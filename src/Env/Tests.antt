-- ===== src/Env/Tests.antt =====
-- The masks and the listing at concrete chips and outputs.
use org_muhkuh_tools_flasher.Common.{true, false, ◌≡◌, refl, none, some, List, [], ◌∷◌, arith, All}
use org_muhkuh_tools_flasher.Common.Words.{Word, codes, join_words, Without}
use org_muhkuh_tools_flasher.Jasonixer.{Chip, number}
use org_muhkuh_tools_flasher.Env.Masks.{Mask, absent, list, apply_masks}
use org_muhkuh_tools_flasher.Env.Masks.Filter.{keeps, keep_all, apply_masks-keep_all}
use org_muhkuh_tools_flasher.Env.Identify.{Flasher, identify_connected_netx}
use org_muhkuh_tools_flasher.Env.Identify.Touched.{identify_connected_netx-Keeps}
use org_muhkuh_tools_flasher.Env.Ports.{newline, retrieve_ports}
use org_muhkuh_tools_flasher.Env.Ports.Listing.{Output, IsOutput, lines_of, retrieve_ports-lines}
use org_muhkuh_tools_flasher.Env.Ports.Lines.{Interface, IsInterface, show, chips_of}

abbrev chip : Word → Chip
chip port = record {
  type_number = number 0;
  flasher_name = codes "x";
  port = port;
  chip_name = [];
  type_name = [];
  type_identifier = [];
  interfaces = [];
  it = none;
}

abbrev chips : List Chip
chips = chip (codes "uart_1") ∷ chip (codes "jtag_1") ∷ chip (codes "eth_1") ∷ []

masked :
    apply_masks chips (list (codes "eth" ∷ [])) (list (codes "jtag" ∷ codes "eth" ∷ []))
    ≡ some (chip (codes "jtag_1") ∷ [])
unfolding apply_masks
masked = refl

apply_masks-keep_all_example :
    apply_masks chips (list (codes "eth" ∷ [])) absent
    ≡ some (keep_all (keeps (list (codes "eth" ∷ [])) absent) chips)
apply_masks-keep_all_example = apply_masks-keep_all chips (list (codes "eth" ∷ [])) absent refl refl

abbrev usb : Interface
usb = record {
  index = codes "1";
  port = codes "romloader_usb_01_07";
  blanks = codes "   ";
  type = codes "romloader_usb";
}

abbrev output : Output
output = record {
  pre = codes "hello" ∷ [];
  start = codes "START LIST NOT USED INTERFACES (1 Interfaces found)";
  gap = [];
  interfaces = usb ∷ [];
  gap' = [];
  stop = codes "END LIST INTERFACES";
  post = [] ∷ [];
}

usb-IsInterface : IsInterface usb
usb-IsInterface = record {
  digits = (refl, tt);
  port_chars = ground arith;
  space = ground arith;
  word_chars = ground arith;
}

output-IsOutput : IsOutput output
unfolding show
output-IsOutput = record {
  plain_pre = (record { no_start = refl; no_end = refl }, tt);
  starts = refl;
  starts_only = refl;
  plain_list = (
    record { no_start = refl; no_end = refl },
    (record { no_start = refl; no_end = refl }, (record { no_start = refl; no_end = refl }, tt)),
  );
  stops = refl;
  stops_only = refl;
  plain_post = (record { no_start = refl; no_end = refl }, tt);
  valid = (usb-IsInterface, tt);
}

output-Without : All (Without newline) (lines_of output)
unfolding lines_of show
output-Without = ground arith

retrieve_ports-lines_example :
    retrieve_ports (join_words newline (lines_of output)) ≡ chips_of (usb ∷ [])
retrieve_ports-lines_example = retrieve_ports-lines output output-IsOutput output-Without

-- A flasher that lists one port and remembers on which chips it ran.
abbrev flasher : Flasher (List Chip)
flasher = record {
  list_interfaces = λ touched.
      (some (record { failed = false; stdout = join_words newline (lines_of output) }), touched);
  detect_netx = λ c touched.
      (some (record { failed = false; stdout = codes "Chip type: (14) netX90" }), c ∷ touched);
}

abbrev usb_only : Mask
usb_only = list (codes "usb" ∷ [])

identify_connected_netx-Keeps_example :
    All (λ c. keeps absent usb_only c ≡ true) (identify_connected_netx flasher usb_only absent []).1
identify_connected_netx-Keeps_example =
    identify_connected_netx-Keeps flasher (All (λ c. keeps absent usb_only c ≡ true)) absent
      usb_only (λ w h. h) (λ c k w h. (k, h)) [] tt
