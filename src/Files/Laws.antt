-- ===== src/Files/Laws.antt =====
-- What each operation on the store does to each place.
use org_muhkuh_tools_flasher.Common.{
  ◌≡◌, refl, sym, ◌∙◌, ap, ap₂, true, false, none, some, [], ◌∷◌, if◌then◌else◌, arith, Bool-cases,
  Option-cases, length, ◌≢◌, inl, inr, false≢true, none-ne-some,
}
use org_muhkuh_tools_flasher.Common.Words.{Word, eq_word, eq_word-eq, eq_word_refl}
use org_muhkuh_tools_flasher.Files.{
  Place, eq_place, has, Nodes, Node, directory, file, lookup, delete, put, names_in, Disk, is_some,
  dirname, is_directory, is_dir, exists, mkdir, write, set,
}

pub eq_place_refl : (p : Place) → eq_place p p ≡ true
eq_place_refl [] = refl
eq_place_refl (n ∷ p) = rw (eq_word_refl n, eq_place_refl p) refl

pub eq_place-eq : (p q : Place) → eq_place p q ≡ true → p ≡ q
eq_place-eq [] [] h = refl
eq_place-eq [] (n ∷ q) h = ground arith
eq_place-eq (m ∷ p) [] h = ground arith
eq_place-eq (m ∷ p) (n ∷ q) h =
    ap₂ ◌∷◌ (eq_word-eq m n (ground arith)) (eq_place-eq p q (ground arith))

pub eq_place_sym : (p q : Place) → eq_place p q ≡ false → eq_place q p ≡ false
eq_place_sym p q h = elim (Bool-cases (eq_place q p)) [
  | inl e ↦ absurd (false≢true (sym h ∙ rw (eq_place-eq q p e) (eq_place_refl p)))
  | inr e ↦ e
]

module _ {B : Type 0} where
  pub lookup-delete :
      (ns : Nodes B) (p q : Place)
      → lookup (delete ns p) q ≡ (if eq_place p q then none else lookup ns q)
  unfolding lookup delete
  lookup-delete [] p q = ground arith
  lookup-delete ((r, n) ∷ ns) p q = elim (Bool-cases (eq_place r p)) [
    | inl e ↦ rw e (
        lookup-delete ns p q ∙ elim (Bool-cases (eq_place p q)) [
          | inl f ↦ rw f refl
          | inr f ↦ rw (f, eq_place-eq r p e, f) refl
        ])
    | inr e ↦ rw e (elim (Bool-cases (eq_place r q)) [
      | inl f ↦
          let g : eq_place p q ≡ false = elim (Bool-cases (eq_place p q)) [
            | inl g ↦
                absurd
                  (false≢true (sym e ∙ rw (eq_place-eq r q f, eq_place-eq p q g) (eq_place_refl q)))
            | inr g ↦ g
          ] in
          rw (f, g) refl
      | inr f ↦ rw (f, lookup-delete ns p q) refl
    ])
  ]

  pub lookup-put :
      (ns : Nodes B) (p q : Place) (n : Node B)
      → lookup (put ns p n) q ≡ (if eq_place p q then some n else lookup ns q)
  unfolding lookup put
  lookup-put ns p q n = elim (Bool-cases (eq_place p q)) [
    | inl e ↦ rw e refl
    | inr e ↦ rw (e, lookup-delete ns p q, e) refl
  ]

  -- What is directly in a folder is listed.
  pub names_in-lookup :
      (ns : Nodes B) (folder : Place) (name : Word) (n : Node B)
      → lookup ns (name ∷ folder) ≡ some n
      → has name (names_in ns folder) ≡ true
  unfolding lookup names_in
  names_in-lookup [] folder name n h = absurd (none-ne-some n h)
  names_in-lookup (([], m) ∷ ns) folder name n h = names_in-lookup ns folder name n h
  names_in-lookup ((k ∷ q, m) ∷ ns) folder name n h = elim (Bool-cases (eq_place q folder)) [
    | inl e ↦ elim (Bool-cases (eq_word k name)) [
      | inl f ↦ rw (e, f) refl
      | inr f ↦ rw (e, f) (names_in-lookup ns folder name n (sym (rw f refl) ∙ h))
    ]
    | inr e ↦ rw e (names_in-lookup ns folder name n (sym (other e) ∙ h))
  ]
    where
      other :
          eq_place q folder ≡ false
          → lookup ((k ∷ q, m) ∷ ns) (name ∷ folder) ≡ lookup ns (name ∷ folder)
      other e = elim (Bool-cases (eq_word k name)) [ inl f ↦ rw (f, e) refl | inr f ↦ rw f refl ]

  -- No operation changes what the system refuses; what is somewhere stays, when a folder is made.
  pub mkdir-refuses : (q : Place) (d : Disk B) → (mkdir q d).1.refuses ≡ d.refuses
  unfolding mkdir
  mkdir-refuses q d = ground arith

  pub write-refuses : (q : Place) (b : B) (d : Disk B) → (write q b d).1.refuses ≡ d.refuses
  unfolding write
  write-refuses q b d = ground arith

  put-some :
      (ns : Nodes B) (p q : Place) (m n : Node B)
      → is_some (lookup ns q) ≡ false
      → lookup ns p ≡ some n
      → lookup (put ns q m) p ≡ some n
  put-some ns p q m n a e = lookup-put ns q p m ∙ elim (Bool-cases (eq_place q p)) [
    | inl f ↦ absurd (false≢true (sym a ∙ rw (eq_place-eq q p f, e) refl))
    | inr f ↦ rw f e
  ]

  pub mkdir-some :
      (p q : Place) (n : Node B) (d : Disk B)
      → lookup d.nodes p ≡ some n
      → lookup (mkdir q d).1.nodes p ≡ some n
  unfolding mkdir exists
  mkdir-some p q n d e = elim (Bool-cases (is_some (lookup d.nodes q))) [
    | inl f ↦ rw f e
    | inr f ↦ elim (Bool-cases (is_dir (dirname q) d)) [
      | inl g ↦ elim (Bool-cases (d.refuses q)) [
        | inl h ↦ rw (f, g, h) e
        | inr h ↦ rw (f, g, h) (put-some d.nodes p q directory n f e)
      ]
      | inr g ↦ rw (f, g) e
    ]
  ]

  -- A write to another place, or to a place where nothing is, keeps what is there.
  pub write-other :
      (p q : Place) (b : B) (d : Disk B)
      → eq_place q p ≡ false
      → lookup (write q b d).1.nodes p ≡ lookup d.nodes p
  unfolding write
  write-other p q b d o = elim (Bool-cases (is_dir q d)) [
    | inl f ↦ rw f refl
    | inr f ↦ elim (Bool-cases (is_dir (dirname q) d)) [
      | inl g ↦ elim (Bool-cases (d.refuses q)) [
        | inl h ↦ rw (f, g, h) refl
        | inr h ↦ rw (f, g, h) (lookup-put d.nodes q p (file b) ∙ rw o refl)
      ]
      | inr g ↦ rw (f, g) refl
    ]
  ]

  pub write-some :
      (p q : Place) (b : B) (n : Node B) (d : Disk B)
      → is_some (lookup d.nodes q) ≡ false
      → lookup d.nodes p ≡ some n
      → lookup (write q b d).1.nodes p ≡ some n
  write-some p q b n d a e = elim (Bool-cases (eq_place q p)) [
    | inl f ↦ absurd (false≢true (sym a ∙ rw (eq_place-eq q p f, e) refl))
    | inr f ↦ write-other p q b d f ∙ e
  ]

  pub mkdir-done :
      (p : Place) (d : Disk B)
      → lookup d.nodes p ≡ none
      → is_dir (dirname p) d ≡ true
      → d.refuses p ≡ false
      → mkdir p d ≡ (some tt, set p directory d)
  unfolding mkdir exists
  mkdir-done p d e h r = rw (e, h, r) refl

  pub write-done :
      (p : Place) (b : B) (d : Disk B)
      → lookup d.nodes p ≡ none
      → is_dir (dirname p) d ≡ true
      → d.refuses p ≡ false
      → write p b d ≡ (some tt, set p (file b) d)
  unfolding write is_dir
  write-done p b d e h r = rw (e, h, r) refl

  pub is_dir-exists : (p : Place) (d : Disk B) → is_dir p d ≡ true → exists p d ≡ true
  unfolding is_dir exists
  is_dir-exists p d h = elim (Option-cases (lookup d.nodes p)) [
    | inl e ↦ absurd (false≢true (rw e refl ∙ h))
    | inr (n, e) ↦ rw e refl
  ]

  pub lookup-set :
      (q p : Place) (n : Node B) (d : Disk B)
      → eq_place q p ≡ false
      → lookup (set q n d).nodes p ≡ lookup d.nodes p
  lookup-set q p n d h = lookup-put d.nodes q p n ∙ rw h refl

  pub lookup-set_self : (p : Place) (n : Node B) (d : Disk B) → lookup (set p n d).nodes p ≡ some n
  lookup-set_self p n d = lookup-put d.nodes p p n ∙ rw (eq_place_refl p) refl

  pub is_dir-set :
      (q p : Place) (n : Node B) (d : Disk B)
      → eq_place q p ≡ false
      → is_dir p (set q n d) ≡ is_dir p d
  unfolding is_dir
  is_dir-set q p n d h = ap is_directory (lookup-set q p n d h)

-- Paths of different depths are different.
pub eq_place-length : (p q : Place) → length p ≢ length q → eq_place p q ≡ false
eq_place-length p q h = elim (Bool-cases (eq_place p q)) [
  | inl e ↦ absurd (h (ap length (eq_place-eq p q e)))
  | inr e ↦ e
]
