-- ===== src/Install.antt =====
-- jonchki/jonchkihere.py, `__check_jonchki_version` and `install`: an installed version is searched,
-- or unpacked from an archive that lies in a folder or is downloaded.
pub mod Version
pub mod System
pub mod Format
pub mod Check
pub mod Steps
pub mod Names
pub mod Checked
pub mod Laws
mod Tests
...
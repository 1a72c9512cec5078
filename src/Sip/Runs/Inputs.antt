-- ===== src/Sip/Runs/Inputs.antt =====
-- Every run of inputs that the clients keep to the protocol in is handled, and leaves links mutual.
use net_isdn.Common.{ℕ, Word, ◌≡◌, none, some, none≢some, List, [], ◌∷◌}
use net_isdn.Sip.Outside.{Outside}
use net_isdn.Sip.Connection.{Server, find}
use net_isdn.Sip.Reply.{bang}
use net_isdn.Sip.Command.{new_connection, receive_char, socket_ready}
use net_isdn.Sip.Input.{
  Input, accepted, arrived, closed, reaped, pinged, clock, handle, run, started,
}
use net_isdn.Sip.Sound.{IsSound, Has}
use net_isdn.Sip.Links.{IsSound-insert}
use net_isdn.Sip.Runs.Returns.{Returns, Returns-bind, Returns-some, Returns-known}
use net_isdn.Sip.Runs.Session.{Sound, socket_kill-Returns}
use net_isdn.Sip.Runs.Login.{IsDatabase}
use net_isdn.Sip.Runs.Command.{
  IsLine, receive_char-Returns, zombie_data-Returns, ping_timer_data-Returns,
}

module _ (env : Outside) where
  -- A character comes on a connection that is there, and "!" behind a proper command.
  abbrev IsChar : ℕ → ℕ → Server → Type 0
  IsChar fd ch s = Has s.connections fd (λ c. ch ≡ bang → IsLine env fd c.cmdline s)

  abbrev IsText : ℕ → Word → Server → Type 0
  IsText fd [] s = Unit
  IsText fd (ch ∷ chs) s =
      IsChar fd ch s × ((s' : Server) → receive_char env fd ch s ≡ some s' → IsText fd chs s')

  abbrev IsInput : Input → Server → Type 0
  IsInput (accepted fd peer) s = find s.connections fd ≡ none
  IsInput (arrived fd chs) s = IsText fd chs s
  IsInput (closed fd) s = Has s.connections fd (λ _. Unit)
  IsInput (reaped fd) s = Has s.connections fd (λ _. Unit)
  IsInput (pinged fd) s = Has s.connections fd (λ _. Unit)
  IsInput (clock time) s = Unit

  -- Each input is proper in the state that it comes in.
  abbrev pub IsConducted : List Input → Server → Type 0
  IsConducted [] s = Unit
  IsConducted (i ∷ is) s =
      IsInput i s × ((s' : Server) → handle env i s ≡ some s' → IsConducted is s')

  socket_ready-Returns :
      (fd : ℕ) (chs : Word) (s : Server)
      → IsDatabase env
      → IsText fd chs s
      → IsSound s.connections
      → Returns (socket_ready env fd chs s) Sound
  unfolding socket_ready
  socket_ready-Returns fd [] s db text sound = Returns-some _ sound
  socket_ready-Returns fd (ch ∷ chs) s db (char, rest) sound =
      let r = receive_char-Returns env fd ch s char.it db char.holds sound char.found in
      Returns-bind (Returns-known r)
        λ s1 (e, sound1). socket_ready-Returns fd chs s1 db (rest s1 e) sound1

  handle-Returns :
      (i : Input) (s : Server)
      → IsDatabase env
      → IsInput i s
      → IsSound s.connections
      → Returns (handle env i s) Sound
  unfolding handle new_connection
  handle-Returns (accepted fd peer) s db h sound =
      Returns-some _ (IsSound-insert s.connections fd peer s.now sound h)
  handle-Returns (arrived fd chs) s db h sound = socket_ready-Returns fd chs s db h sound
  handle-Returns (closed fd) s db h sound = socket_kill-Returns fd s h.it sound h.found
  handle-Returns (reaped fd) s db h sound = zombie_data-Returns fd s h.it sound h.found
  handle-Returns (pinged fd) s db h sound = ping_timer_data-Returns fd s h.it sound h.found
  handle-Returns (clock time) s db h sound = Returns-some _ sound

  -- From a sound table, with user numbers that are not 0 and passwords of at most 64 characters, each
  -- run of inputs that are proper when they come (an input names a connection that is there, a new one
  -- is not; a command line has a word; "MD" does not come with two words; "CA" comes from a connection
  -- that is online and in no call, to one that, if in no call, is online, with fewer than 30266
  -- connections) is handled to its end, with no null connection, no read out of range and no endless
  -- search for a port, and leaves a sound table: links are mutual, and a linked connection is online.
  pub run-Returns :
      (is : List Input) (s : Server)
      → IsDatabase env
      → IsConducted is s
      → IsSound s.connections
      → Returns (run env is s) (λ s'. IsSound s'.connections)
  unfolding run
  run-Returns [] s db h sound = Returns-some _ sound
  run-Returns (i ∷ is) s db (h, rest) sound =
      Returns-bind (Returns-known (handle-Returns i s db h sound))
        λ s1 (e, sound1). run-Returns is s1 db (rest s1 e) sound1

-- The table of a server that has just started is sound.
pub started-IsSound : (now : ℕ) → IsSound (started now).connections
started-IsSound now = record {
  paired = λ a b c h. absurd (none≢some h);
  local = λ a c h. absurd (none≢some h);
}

* [Goal of the exercise]
Would you filter the records and copy each line that contains the word "absent"?

* [Reply to the exercise]
use org_muhkuh_tools_flasher.Env.Masks.{Mask, absent, list, apply_masks}
    apply_masks chips (list (codes "eth" ∷ [])) absent
    ≡ some (keep_all (keeps (list (codes "eth" ∷ [])) absent) chips)
apply_masks-keep_all_example = apply_masks-keep_all chips (list (codes "eth" ∷ [])) absent refl refl
    All (λ c. keeps absent usb_only c ≡ true) (identify_connected_netx flasher usb_only absent []).1
    identify_connected_netx-Keeps flasher (All (λ c. keeps absent usb_only c ≡ true)) absent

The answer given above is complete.